Work to be completed:
Working from the records below, repeat exactly the lines starting at the line that contains "step s (reads" and ending at the line that contains "run s [] = s", inclusive.

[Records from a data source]
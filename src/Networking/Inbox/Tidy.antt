-- ===== src/Networking/Inbox/Tidy.antt =====
-- What the inbox and the lock box count of every socket, and the calls on them.
use aevros.Base.{ℕ, suc, ◌^◌, ◌≤◌, ◌<◌, ◌≡◌, sym, subst, List, [], ◌∷◌, arith, length, replicate}
use aevros.Networking.LockBox
use aevros.Networking.LockBox.{
  LockBox, Entry, capacity, max_per_ip, max_buffered, is_free, claim, take_slot, get_generation,
  buffered_at, in_use_at, find_connection, count_for_ip,
}
use aevros.Networking.Inbox.{Slot, slot_at, blank, reset_if_stale, deposit, read, available}
use aevros.Networking.Inbox.Buffer.{IsRing}
use aevros.Networking.Inbox.Counts.{Agrees}
use aevros.Networking.Inbox.Frame.{Same, Sized}

-- The calls on the sockets.
pub data Call : Type 0 where
  claims : ℕ → List ℕ → ℕ → ℕ → Call
  listens : ℕ → ℕ → Call
  releases : ℕ → Call
  deposits : ℕ → List ℕ → Call
  reads asks : ℕ → ℕ → Call

pub record State : Type 0 where
  pub box : LockBox
  pub boxes : List Slot

unfoldable pub zeroed : State
zeroed = record { box = LockBox.empty; boxes = replicate capacity blank }

unfoldable pub step : State → Call → State
step s (claims lp ip rp pr) = record s { box = (claim lp ip rp pr s.box).box }
step s (listens lp pr) = record s { box = (LockBox.listen lp pr s.box).box }
step s (releases id) = record s { box = LockBox.release id s.box }
step s (deposits id payload) =
    let (_, lb, boxes) = deposit id payload s.box s.boxes in record { box = lb; boxes = boxes }
step s (reads id n) =
    let (_, lb, boxes) = read id n s.box s.boxes in record { box = lb; boxes = boxes }
step s (asks id _) = record s { boxes = (available id s.box s.boxes).1 }

unfoldable pub run : State → List Call → State
run s [] = s
run s (c ∷ cs) = run (step s c) cs

-- A payload's length is a `uint16_t`.
abbrev pub IsShortCall : Call → Type 0
IsShortCall (claims lp ip rp pr) = Unit
IsShortCall (listens lp pr) = Unit
IsShortCall (releases id) = Unit
IsShortCall (deposits id payload) = length payload < 2 ^ 16
IsShortCall (reads id n) = Unit
IsShortCall (asks id n) = Unit

-- One socket, of which the lock box counts `b` bytes in the generation `g`, after `k` calls.
pub record Tidy (k b g : ℕ) (x : Slot) : Type 0 where
  pub ring : IsRing (reset_if_stale g x)
  pub counted : (reset_if_stale g x).count ≡ b
  pub seen : x.seen_generation ≤ g
  pub young : g ≤ k

abbrev pub TidyAt : ℕ → LockBox → List Slot → ℕ → Type 0
TidyAt k lb boxes id = Tidy k (buffered_at id lb) (get_generation id lb) (slot_at id boxes)

pub record IsTidy (k : ℕ) (s : State) : Type 0 where
  pub sized : Sized s.box s.boxes
  pub each : (id : ℕ) → id < capacity → TidyAt k s.box s.boxes id

pub Tidy-more : (k b g : ℕ) (x : Slot) → Tidy k b g x → Tidy (suc k) b g x
Tidy-more k b g x t = record {
  ring = t.ring;
  counted = t.counted;
  seen = t.seen;
  young = omega (arith, t.young);
}

pub Tidy-Same :
    (k id : ℕ) (lb lb' : LockBox) (boxes boxes' : List Slot)
    → Same id lb lb' boxes boxes'
    → TidyAt k lb boxes id
    → TidyAt (suc k) lb' boxes' id
Tidy-Same k id lb lb' boxes boxes' e t =
    subst (λ b. Tidy (suc k) b (get_generation id lb') (slot_at id boxes')) (sym e.buffered)
      (subst (λ g. Tidy (suc k) (buffered_at id lb) g (slot_at id boxes')) (sym e.generation)
        (subst (λ x. Tidy (suc k) (buffered_at id lb) (get_generation id lb) x) (sym e.slot)
          (Tidy-more k (buffered_at id lb) (get_generation id lb) (slot_at id boxes) t)))

pub Tidy-Agrees :
    (k id : ℕ) (lb : LockBox) (boxes : List Slot)
    → id < capacity
    → Sized lb boxes
    → TidyAt k lb boxes id
    → Agrees id lb boxes
Tidy-Agrees k id lb boxes low z t = record {
  below = low;
  sized = z.table;
  slots = z.slots;
  ring = t.ring;
  counted = t.counted;
}

-- A call on the socket itself, which brings its slot up to date.
pub Agrees-Tidy :
    (k g id : ℕ) (lb : LockBox) (boxes : List Slot)
    → Agrees id lb boxes
    → get_generation id lb ≡ g
    → (slot_at id boxes).seen_generation ≡ g
    → g ≤ k
    → TidyAt (suc k) lb boxes id
Agrees-Tidy k g id lb boxes a same seen young = record {
  ring = a.ring;
  counted = a.counted;
  seen = omega (arith, same, seen);
  young = omega (arith, same, young);
}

Solution to this problem:
step s (reads id n) =
    let (_, lb, boxes) = read id n s.box s.boxes in record { box = lb; boxes = boxes }
step s (asks id _) = record s { boxes = (available id s.box s.boxes).1 }

unfoldable pub run : State → List Call → State
run s [] = s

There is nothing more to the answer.